GIVEN INFORMATION:

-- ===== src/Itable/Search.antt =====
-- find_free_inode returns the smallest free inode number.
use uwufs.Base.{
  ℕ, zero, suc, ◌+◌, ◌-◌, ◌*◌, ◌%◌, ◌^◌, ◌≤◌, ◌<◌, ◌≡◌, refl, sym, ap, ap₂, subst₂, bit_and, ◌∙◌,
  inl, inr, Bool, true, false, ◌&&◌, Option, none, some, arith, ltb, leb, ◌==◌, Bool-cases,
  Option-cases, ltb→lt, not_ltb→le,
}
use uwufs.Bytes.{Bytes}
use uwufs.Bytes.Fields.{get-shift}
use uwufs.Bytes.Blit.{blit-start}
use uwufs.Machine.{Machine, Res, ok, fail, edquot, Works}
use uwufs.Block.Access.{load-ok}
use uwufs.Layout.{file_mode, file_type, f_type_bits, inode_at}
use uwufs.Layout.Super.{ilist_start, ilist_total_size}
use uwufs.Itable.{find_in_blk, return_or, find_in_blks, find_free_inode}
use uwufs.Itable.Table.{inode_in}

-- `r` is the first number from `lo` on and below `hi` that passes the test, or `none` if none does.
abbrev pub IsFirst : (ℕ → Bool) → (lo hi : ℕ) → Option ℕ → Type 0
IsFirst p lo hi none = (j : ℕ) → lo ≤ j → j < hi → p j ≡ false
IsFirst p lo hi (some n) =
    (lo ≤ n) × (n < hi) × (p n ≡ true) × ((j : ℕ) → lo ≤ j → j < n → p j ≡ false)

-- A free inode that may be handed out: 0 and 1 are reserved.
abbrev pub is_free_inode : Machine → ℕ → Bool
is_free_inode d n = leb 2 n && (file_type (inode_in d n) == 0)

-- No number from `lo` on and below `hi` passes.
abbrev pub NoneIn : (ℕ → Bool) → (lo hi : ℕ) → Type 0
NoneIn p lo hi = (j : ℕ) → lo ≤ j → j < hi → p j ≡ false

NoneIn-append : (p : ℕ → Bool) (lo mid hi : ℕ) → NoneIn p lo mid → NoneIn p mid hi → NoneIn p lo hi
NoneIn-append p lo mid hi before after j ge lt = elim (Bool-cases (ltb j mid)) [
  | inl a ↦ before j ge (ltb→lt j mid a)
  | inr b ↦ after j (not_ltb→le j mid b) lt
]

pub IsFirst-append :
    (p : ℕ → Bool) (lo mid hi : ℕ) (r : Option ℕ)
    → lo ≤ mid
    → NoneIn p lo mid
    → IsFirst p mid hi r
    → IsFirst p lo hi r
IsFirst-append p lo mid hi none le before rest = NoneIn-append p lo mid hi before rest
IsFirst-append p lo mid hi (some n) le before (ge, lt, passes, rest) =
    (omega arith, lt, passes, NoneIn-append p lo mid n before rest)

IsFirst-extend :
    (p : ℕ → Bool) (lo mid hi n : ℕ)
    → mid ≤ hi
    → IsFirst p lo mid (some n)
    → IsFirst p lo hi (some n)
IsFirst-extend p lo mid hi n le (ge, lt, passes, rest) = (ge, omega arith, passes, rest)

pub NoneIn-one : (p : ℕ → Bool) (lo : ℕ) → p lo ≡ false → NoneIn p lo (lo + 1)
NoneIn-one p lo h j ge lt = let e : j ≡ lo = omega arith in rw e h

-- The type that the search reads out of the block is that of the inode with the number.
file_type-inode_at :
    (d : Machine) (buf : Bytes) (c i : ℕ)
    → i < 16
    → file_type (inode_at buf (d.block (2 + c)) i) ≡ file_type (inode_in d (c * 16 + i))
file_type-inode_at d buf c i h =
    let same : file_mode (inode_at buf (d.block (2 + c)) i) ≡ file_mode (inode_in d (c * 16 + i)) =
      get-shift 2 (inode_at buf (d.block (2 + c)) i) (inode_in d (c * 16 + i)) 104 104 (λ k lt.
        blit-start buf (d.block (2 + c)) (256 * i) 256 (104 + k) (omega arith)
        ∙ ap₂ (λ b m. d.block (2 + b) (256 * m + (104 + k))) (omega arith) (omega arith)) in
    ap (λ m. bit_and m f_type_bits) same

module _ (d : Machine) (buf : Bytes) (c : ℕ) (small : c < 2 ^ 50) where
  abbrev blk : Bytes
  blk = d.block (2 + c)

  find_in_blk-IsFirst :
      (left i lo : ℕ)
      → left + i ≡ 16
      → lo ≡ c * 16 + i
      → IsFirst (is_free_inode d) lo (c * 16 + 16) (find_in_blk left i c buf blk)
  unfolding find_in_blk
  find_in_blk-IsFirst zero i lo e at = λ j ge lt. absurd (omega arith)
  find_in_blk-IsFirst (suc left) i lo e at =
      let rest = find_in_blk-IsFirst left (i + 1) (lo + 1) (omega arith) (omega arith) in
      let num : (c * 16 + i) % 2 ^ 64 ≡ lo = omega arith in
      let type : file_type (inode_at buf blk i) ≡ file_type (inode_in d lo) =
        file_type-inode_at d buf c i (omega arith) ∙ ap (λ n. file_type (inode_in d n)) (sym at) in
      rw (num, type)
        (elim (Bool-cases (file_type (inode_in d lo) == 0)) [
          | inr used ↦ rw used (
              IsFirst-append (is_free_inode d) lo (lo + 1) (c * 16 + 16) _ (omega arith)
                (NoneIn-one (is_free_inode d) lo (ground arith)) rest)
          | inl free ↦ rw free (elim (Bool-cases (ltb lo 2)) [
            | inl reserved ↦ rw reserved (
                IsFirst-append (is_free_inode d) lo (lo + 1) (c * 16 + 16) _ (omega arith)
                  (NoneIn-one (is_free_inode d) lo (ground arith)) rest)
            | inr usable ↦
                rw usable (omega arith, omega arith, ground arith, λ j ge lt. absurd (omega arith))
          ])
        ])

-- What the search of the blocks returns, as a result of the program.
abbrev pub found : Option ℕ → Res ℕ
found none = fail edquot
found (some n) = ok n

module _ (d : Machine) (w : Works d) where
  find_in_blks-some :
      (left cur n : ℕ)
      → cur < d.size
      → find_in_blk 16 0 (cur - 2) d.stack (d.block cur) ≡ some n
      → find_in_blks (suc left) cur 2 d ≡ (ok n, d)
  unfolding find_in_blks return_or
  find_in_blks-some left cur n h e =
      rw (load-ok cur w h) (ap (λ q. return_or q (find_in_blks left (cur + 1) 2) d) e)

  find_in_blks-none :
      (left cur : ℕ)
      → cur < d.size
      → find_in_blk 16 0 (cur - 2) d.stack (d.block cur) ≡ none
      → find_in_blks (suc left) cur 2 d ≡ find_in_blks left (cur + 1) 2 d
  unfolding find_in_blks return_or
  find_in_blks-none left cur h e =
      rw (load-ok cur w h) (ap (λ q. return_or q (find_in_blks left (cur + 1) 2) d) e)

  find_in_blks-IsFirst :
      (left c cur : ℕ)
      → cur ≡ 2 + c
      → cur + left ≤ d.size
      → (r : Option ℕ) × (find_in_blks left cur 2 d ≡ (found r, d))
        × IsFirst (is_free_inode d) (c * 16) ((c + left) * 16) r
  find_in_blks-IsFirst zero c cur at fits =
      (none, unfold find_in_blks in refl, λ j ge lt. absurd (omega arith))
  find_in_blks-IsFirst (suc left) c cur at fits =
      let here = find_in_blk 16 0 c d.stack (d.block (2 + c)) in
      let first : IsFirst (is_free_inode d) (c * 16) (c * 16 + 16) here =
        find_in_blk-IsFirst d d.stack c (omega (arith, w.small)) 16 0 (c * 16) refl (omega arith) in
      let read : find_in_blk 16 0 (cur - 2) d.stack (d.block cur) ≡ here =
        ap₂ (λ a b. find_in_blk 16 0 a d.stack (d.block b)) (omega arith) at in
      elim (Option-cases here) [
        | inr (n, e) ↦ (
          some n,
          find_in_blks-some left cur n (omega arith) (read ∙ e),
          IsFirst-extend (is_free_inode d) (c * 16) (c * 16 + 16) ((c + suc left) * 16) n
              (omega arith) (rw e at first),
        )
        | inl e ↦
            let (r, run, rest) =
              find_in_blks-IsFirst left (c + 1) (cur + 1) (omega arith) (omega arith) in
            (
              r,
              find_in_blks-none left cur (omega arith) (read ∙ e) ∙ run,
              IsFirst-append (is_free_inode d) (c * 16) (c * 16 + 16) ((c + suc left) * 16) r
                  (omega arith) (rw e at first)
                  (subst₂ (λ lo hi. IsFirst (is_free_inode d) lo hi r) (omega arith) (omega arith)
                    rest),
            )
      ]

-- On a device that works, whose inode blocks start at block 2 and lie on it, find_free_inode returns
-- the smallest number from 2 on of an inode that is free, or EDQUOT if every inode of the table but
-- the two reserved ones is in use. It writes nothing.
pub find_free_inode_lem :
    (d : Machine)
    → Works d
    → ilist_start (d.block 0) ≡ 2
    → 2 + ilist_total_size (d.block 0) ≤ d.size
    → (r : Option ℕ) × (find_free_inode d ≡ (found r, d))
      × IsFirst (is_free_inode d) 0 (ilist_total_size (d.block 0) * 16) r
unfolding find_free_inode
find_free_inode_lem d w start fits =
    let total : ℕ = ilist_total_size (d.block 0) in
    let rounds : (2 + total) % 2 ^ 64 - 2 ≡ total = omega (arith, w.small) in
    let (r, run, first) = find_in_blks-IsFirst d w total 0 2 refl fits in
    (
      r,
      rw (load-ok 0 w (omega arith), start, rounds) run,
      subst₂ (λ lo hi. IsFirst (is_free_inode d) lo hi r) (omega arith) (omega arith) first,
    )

TASK INSTRUCTIONS:
Include both ends. Return the line holding "find_in_blks-some left cur n (omega" and all lines after it in the records above, exactly as written.

OUTPUT:
          find_in_blks-some left cur n (omega arith) (read ∙ e),
          IsFirst-extend (is_free_inode d) (c * 16) (c * 16 + 16) ((c + suc left) * 16) n
              (omega arith) (rw e at first),
        )
        | inl e ↦
            let (r, run, rest) =
              find_in_blks-IsFirst left (c + 1) (cur + 1) (omega arith) (omega arith) in
            (
              r,
              find_in_blks-none left cur (omega arith) (read ∙ e) ∙ run,
              IsFirst-append (is_free_inode d) (c * 16) (c * 16 + 16) ((c + suc left) * 16) r
                  (omega arith) (rw e at first)
                  (subst₂ (λ lo hi. IsFirst (is_free_inode d) lo hi r) (omega arith) (omega arith)
                    rest),
            )
      ]

-- On a device that works, whose inode blocks start at block 2 and lie on it, find_free_inode returns
-- the smallest number from 2 on of an inode that is free, or EDQUOT if every inode of the table but
-- the two reserved ones is in use. It writes nothing.
pub find_free_inode_lem :
    (d : Machine)
    → Works d
    → ilist_start (d.block 0) ≡ 2
    → 2 + ilist_total_size (d.block 0) ≤ d.size
    → (r : Option ℕ) × (find_free_inode d ≡ (found r, d))
      × IsFirst (is_free_inode d) 0 (ilist_total_size (d.block 0) * 16) r
unfolding find_free_inode
find_free_inode_lem d w start fits =
    let total : ℕ = ilist_total_size (d.block 0) in
    let rounds : (2 + total) % 2 ^ 64 - 2 ≡ total = omega (arith, w.small) in
    let (r, run, first) = find_in_blks-IsFirst d w total 0 2 refl fits in
    (
      r,
      rw (load-ok 0 w (omega arith), start, rounds) run,
      subst₂ (λ lo hi. IsFirst (is_free_inode d) lo hi r) (omega arith) (omega arith) first,
    )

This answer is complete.